Parto dalle cessioni. Marquez e Matuzalem rispediti in America per raggiunti limiti di età. Zaccagni in prestito alla capolista di Lega Pro per giocare e allenarsi per un determinato obiettivo e non per una anonima media classifica di B. Rafael, ormai messo ai margini della squadra, ceduto con la speranza di guadagnare qualcosa con il diritto di riscatto a giugno. 1 milione per Halfredsson, 32enne alla fine di un ciclo e desideroso di provare una nuova avventura, e 5 complessivi per Sala, deludente per mesi: rappresentano introiti importanti, impossibili da reperire tra 6 mesi. Visto il terribile girone d’andata e la probabile retrocessione, era necessaria una piccola rivoluzione ed è stata fatta in maniera oculata e remunerativa.
Capitolo acquisti. È vero, sono tanti prestiti secchi. Ma indubbiamente era difficile per un giocatore accettare una situazione di classifica e di umore simili a questa. Così si è optato per prestiti di un certo spessore: giocatori fisici e tecnici, adatti ad una media classifica di A. Samir, Gilberto, Furman, Rebic e Marrone. Uno: per non perdere del tutto la speranza o chiudere almeno con dignità; due: per avere a giugno una rosa ridotta, ma con un’ossatura comunque importante, e la possibilità di operare sul mercato, di A o B, con ampio margine e possibilità di scelta. 

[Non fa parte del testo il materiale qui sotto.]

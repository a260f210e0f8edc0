-- ===== src/Matching/Baseline/Batch.antt =====
-- internal/matching/baseline.go: BaselineBatch gives no driver two orders.
use dispatch_lab.Prelude.{
  IsDistinct, String, ◌≡◌, refl, true, false, List, [], ◌∷◌, arith, elem, All, str_eq_iff,
  of_option,
}
use dispatch_lab.Prelude.Float.{FloatOps}
use dispatch_lab.Prelude.Sort as Sort
use dispatch_lab.Domain.Defs.{Driver, Order, City}
use dispatch_lab.Matching.Baseline.{
  Assignment, idle_key, order_less, baseline_excluding, batch_loop, baseline_batch,
}
use dispatch_lab.Matching.Baseline.Nearest.{baseline_sound}

module _ {F : Type 0} where
  -- The drivers of a list of assignments, in order.
  abbrev pub drivers_of : List (Assignment F) → List String
  drivers_of [] = []
  drivers_of (a ∷ as') = a.driver_id ∷ drivers_of as'

module _ {F : Type 0} ⦃fl : FloatOps F⦄ (c : City F) (ds : List (String × Driver F)) where
  -- The drivers of a batch are distinct, idle, and none that was taken before.
  abbrev Fresh : List String → List (Assignment F) → Type 0
  Fresh taken as' =
      IsDistinct (drivers_of as')
      × All (λ id. (idle_key ds id ≡ true) × (elem id taken ≡ false)) (drivers_of as')

  weaken :
      (id : String) (taken ids : List String)
      → All (λ j. (idle_key ds j ≡ true) × (elem j (id ∷ taken) ≡ false)) ids
      → All (λ j. (idle_key ds j ≡ true) × (elem j taken ≡ false)) ids × (elem id ids ≡ false)
  weaken id taken [] h = (tt, refl)
  weaken id taken (j ∷ js) h =
      let (rest, out) = weaken id taken js h.1 in
      (
        ((h.0.0, ground (arith, h.0.1)), rest),
        ground (arith, h.0.1, out, str_eq_iff id j, str_eq_iff j id),
      )

  batch_loop-Fresh :
      (taken : List String) (os : List (Order F)) → Fresh taken (batch_loop c ds taken os)
  unfolding batch_loop
  batch_loop-Fresh taken [] = (tt, tt)
  batch_loop-Fresh taken (o ∷ os) =
      of_option (Fresh taken) (baseline_excluding c ds o.pickup taken) _ _
        (λ _. batch_loop-Fresh taken os)
        (λ (id, r) e.
          let (distinct, fresh) = batch_loop-Fresh (id ∷ taken) os in
          let (rest, out) = weaken id taken _ fresh in
          let (idle, _) = baseline_sound c ds o.pickup taken id r e in
          ((out, distinct), (idle, rest)))

  -- The drivers that a batch is given to are pairwise different, and all of them are idle.
  pub baseline_batch-IsDistinct :
      (os : List (Order F))
      → IsDistinct (drivers_of (baseline_batch c ds os))
        × All (λ id. idle_key ds id ≡ true) (drivers_of (baseline_batch c ds os))
  unfolding baseline_batch
  baseline_batch-IsDistinct os =
      let (distinct, fresh) = batch_loop-Fresh [] (Sort.sort order_less os) in
      (distinct, idle _ fresh)
    where
      idle :
          (ids : List String)
          → All (λ id. (idle_key ds id ≡ true) × (elem id [] ≡ false)) ids
          → All (λ id. idle_key ds id ≡ true) ids
      idle [] h = tt
      idle (id ∷ ids) h = (h.0.0, idle ids h.1)
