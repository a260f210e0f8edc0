-- ===== src/Spatial.antt =====
-- internal/spatial/grid.go: a uniform grid over points, with the ring search for candidates.
pub mod Agreement
use dispatch_lab.Prelude.{
  ℕ, zero, suc, ◌+◌, ◌*◌, String, Bool, not, ◌||◌, ◌&&◌, Option, none, some, List, [], ◌∷◌, ltb,
  length, take, str_lt, if◌then◌else◌, ◌==◌,
}
use Prim.Native.Nat.{max}
use dispatch_lab.Prelude.Int.{ℤ, pos, pos_part, neg_part, ◌+ℤ◌, ◌-ℤ◌, eqb_ℤ}
use dispatch_lab.Prelude.Float.{FloatOps, flt, fle, feq, ◌⊕◌, ◌⊖◌, ◌⊗◌, ◌⊘◌, num}
use dispatch_lab.Prelude.Map.{lookup, insert, erase, keys}
use dispatch_lab.Prelude.Sort as Sort

pub record Point (F : Type 0) : Type 0 where
  pub x : F
  pub y : F

pub record CellKey : Type 0 where
  pub cx : ℤ
  pub cy : ℤ

-- Both maps of the source: `cells` from a cell to its ids, `points` from an id to its position.
pub record Grid (F : Type 0) : Type 0 where
  pub cell_size : F
  pub cells : List (CellKey × List (String × Point F))
  pub points : List (String × Point F)

unfoldable pub same_cell : CellKey → CellKey → Bool
same_cell a b = eqb_ℤ a.cx b.cx && eqb_ℤ a.cy b.cy

-- How many rings out from `a` the cell `b` lies.
unfoldable pub cell_distance : CellKey → CellKey → ℕ
cell_distance a b =
    let dx = a.cx -ℤ b.cx in
    let dy = a.cy -ℤ b.cy in max (pos_part dx + neg_part dx) (pos_part dy + neg_part dy)

module _ {F : Type 0} where
  -- `g.cells[key]`, where a missing key reads as the empty map.
  unfoldable pub bucket :
      CellKey → List (CellKey × List (String × Point F)) → List (String × Point F)
  bucket k [] = []
  bucket k ((j, b) ∷ m) = if same_cell j k then b else bucket k m

  -- `g.cells[key] = b`.
  unfoldable pub put_bucket :
      CellKey
      → List (String × Point F)
      → List (CellKey × List (String × Point F))
      → List (CellKey × List (String × Point F))
  put_bucket k b [] = (k, b) ∷ []
  put_bucket k b ((j, c) ∷ m) = if same_cell j k then (j, b) ∷ m else (j, c) ∷ put_bucket k b m

  -- `delete(g.cells, key)`.
  unfoldable pub drop_bucket :
      CellKey → List (CellKey × List (String × Point F)) → List (CellKey × List (String × Point F))
  drop_bucket k [] = []
  drop_bucket k ((j, c) ∷ m) = if same_cell j k then drop_bucket k m else (j, c) ∷ drop_bucket k m

module _ {F : Type 0} ⦃fl : FloatOps F⦄ where
  unfoldable pub new_grid : F → Grid F
  new_grid cell_size = record {
    cell_size = if fle cell_size (num 0) then num 1 else cell_size;
    cells = [];
    points = [];
  }

  unfoldable pub cell_of : Grid F → Point F → CellKey
  cell_of g p = record { cx = fl.floor (p.x ⊘ g.cell_size); cy = fl.floor (p.y ⊘ g.cell_size) }

  unfoldable pub remove : Grid F → String → Grid F
  unfolding bucket put_bucket drop_bucket cell_of
  remove g id = elim (lookup id g.points) [
    | none ↦ g
    | some old ↦
        let key = cell_of g old in
        let left = erase id (bucket key g.cells) in
        record g {
          cells = if length left == 0 then drop_bucket key g.cells else put_bucket key left g.cells;
          points = erase id g.points;
        }
  ]

  unfoldable pub set_point : Grid F → String → Point F → Grid F
  unfolding remove bucket put_bucket cell_of
  set_point g id p =
      let g' = remove g id in
      let key = cell_of g' p in
      record g' {
        cells = put_bucket key (insert id p (bucket key g'.cells)) g'.cells;
        points = insert id p g'.points;
      }

  unfoldable pub size : Grid F → ℕ
  size g = length g.points

  unfoldable pub dist_sq : Point F → Point F → F
  dist_sq a b = let dx = a.x ⊖ b.x in let dy = a.y ⊖ b.y in dx ⊗ dx ⊕ dy ⊗ dy

  unfoldable pub insert_all :
      List (String × Point F) → List (String × Point F) → List (String × Point F)
  insert_all found [] = found
  insert_all found ((id, p) ∷ b) = insert_all (insert id p found) b

  -- One column of a ring: cy from `origin.cy - radius`, `n` cells up.
  unfoldable pub scan_column :
      Grid F → CellKey → ℕ → ℤ → ℕ → ℕ → List (String × Point F) → List (String × Point F)
  unfolding insert_all bucket
  scan_column g origin radius cx zero i found = found
  scan_column g origin radius cx (suc n) i found =
      let cy = origin.cy -ℤ pos radius +ℤ pos i in
      let on_ring =
        radius == 0
        || eqb_ℤ cx (origin.cx -ℤ pos radius)
        || eqb_ℤ cx (origin.cx +ℤ pos radius)
        || eqb_ℤ cy (origin.cy -ℤ pos radius)
        || eqb_ℤ cy (origin.cy +ℤ pos radius) in
      let cell : CellKey = record { cx = cx; cy = cy } in
      scan_column g origin radius cx n (i + 1)
        (if on_ring then insert_all found (bucket cell g.cells) else found)

  unfoldable pub scan_rows :
      Grid F → CellKey → ℕ → ℕ → ℕ → List (String × Point F) → List (String × Point F)
  unfolding scan_column
  scan_rows g origin radius zero i found = found
  scan_rows g origin radius (suc n) i found =
      let cx = origin.cx -ℤ pos radius +ℤ pos i in
      scan_rows g origin radius n (i + 1) (scan_column g origin radius cx (2 * radius + 1) 0 found)

  unfoldable pub scan_ring :
      Grid F → CellKey → ℕ → List (String × Point F) → List (String × Point F)
  unfolding scan_rows
  scan_ring g origin radius found = scan_rows g origin radius (2 * radius + 1) 0 found

  -- The loop over radii; `none` when the fuel runs out.
  unfoldable pub rings :
      ℕ → Grid F → CellKey → ℕ → ℕ → List (String × Point F) → Option (List (String × Point F))
  rings zero g origin limit radius found =
      if ltb (length found) limit && ltb (length found) (length g.points) then none else some found
  rings (suc fuel) g origin limit radius found =
      let rest = rings fuel g origin limit (radius + 1) (scan_ring g origin radius found) in
      if ltb (length found) limit && ltb (length found) (length g.points) then rest else some found

  unfoldable pub nearer : Point F → String × Point F → String × Point F → Bool
  nearer query (i, p) (j, q) =
      let di = dist_sq p query in
      let dj = dist_sq q query in if not (feq di dj) then flt di dj else str_lt i j

  unfoldable pub nearest : Point F → ℕ → List (String × Point F) → List String
  unfolding nearer
  nearest query limit found =
      let ids = keys (Sort.sort (nearer query) found) in
      if ltb limit (length ids) then take limit ids else ids

  -- The radius of the ring in which the farthest cell lies.
  unfoldable pub reach : CellKey → List (CellKey × List (String × Point F)) → ℕ
  unfolding cell_distance
  reach origin [] = 0
  reach origin ((k, b) ∷ m) = max (cell_distance origin k) (reach origin m)

  -- Rings are scanned until enough candidates are found; past the farthest cell there are no more.
  unfoldable pub candidates : Grid F → Point F → ℕ → Option (List String)
  unfolding rings nearest reach
  candidates g query limit =
      let origin = cell_of g query in
      let found = rings (suc (suc (reach origin g.cells))) g origin limit 0 [] in
      if limit == 0 || length g.points == 0
      then some []
      else elim found [ none ↦ none | some ids ↦ some (nearest query limit ids) ]
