-- ===== src/Matching/Optimized.antt =====
-- internal/matching/optimized.go: a batch of orders against nearby idle drivers, by one min-cost
-- assignment. The measured compute time is left out.
use dispatch_lab.Prelude.{
  elem, ℕ, zero, suc, ◌+◌, ◌^◌, String, Bool, true, false, not, ◌&&◌, Option, none, some, List, [],
  ◌∷◌, ◌++◌, length, get_or, ltb, str_lt, if◌then◌else◌, ◌==◌,
}
use dispatch_lab.Prelude.Float.{FloatOps, flt, fle, ◌⊖◌, ◌⊗◌, num}
use dispatch_lab.Prelude.Map.{lookup, lookup_or, insert}
use dispatch_lab.Prelude.Sort as Sort
use dispatch_lab.Domain.Defs.{Driver, Order, City}
use dispatch_lab.Routing.{Route, find_route, node_at}
use dispatch_lab.Spatial.{Grid, candidates}
use dispatch_lab.Matching.Baseline.{Assignment, order_less}
use dispatch_lab.Matching.Assignment.{Pair, min_cost_assignment}

pub record CostWeights (F : Type 0) : Type 0 where
  pub pickup_distance : F
  pub wait_time : F
  pub driver_idle_time : F

-- One row of the matrix with what the source keeps of it: the order, its candidates, the routes
-- that were found and the costs.
pub record Row (F : Type 0) : Type 0 where
  pub order : Order F
  pub nearby : List String
  pub routes : List (String × Route F)
  pub costs : List F

unfoldable pub add_new : List String → List String → List String
add_new set_of [] = set_of
add_new set_of (x ∷ xs) = add_new (if elem x set_of then set_of else set_of ++ x ∷ []) xs

unfoldable pub union : List (List String) → List String → List String
unfolding add_new
union [] acc = acc
union (ids ∷ rest) acc = union rest (add_new acc ids)

module _ {F : Type 0} ⦃fl : FloatOps F⦄ where
  unfoldable pub default_cost_weights : CostWeights F
  default_cost_weights = record {
    pickup_distance = num 1;
    wait_time = num 1;
    driver_idle_time = fl.literal 1 10;
  }

  -- `Unreachable`
  abbrev pub unreachable : F
  unreachable = fl.literal (10 ^ 12) 1

  unfoldable pub all_candidates : City F → Grid F → ℕ → List (Order F) → Option (List (List String))
  all_candidates c index limit [] = some []
  all_candidates c index limit (o ∷ os) =
      let n = node_at c o.pickup in
      elim (candidates index (record { x = n.x; y = n.y }) limit) [
        | none ↦ none
        | some ids ↦ elim (all_candidates c index limit os) [
          | none ↦ none
          | some rest ↦ some (ids ∷ rest)
        ]
      ]

  unfoldable pub pair_cost : CostWeights F → F → Order F → Driver F → Route F → F
  pair_cost w now o d r =
      w.pickup_distance ⊗ r.distance
      ⊖ w.wait_time ⊗ (now ⊖ o.created_at)
      ⊖ w.driver_idle_time ⊗ (now ⊖ d.idle_since)

  -- The routes from the candidates; `none` is the nil driver of an id that the map lacks.
  unfoldable pub route_candidates :
      City F → List (String × Driver F) → Order F → List String → Option (List (String × Route F))
  route_candidates c drivers o [] = some []
  route_candidates c drivers o (id ∷ ids) = elim (lookup id drivers) [
    | none ↦ none
    | some d ↦ elim (route_candidates c drivers o ids) [
      | none ↦ none
      | some rest ↦ elim (find_route c d.position o.pickup) [
        | none ↦ some rest
        | some r ↦ some (insert id r rest)
      ]
    ]
  ]

  unfoldable pub cost_at :
      List (String × Driver F) → CostWeights F → F → Order F → List (String × Route F) → String → F
  unfolding pair_cost
  cost_at drivers w now o routes id = elim (lookup id routes) [
    | none ↦ unreachable
    | some r ↦ elim (lookup id drivers) [ none ↦ unreachable | some d ↦ pair_cost w now o d r ]
  ]

  unfoldable pub cost_row :
      List (String × Driver F)
      → CostWeights F
      → F
      → Order F
      → List (String × Route F)
      → List String
      → List F
  unfolding cost_at
  cost_row drivers w now o routes [] = []
  cost_row drivers w now o routes (id ∷ ids) =
      cost_at drivers w now o routes id ∷ cost_row drivers w now o routes ids

  unfoldable pub build_rows :
      City F
      → List (String × Driver F)
      → CostWeights F
      → F
      → List String
      → List (Order F)
      → List (List String)
      → Option (List (Row F))
  unfolding route_candidates cost_row
  build_rows c drivers w now columns [] near = some []
  build_rows c drivers w now columns (o ∷ os) [] = none
  build_rows c drivers w now columns (o ∷ os) (ids ∷ near) =
      elim (route_candidates c drivers o ids) [
        | none ↦ none
        | some routes ↦ elim (build_rows c drivers w now columns os near) [
          | none ↦ none
          | some rest ↦
              let row : Row F = record {
                order = o;
                nearby = ids;
                routes = routes;
                costs = cost_row drivers w now o routes columns;
              } in
              some (row ∷ rest)
        ]
      ]

  unfoldable pub costs_of : List (Row F) → List (List F)
  costs_of [] = []
  costs_of (r ∷ rs) = r.costs ∷ costs_of rs

  abbrev pub row_of : List (Row F) → ℕ → Option (Row F)
  row_of [] i = none
  row_of (r ∷ rs) zero = some r
  row_of (r ∷ rs) (suc i) = row_of rs i

  -- The accepted pairs: those that cost less than the sentinel.
  unfoldable pub accept : List (Row F) → List String → List (Pair F) → List (Assignment F)
  accept rows columns [] = []
  accept rows columns (p ∷ ps) =
      let rest = accept rows columns ps in
      let id = get_or columns p.col "" in
      if fle unreachable p.cost then rest else elim (row_of rows p.row) [
        | none ↦ rest
        | some r ↦
            record {
              order_id = r.order.id;
              driver_id = id;
              to_pickup = lookup_or (record { nodes = []; distance = num 0 }) id r.routes;
            }
            ∷ rest
      ]

  unfoldable pub accepted_row : ℕ → List (Pair F) → Bool
  accepted_row i [] = false
  accepted_row i (p ∷ ps) =
      if p.row == i && not (fle unreachable p.cost) then true else accepted_row i ps

  unfoldable pub row_is_infeasible : List F → Bool
  row_is_infeasible [] = true
  row_is_infeasible (c ∷ cs) = if flt c unreachable then false else row_is_infeasible cs

  unfoldable pub infeasible_from : ℕ → List (Pair F) → List (Row F) → List String
  unfolding accepted_row row_is_infeasible
  infeasible_from i ps [] = []
  infeasible_from i ps (r ∷ rs) =
      let rest = infeasible_from (i + 1) ps rs in
      if not (accepted_row i ps) && ltb 0 (length r.nearby) && row_is_infeasible r.costs
      then r.order.id ∷ rest
      else rest

  unfoldable pub optimized :
      City F
      → List (String × Driver F)
      → List (Order F)
      → Grid F
      → ℕ
      → CostWeights F
      → F
      → Option (List (Assignment F) × List String)
  unfolding all_candidates union build_rows costs_of accept infeasible_from order_less
  optimized c drivers [] index limit w now = some ([], [])
  optimized c drivers (o ∷ os) index limit w now =
      let sorted = Sort.sort order_less (o ∷ os) in
      elim (all_candidates c index limit sorted) [
        | none ↦ none
        | some near ↦
            let columns = Sort.sort str_lt (union near []) in
            elim (build_rows c drivers w now columns sorted near) [
              | none ↦ none
              | some rows ↦ elim (min_cost_assignment (costs_of rows)) [
                | none ↦ none
                | some pairs ↦ some (accept rows columns pairs, infeasible_from 0 pairs rows)
              ]
            ]
      ]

Anche se si è puntato principalmente su stranieri, il mercato di gennaio a me è piaciuto perché è andato completamente contro alle idee estive di Bigon: molti più giovani e tutti con esperienze nelle nazionali minori dei loro paesi. Con la speranza che sappiano fare meglio di chi è arrivato in estate e che, per vari motivi, finora ha profondamente deluso.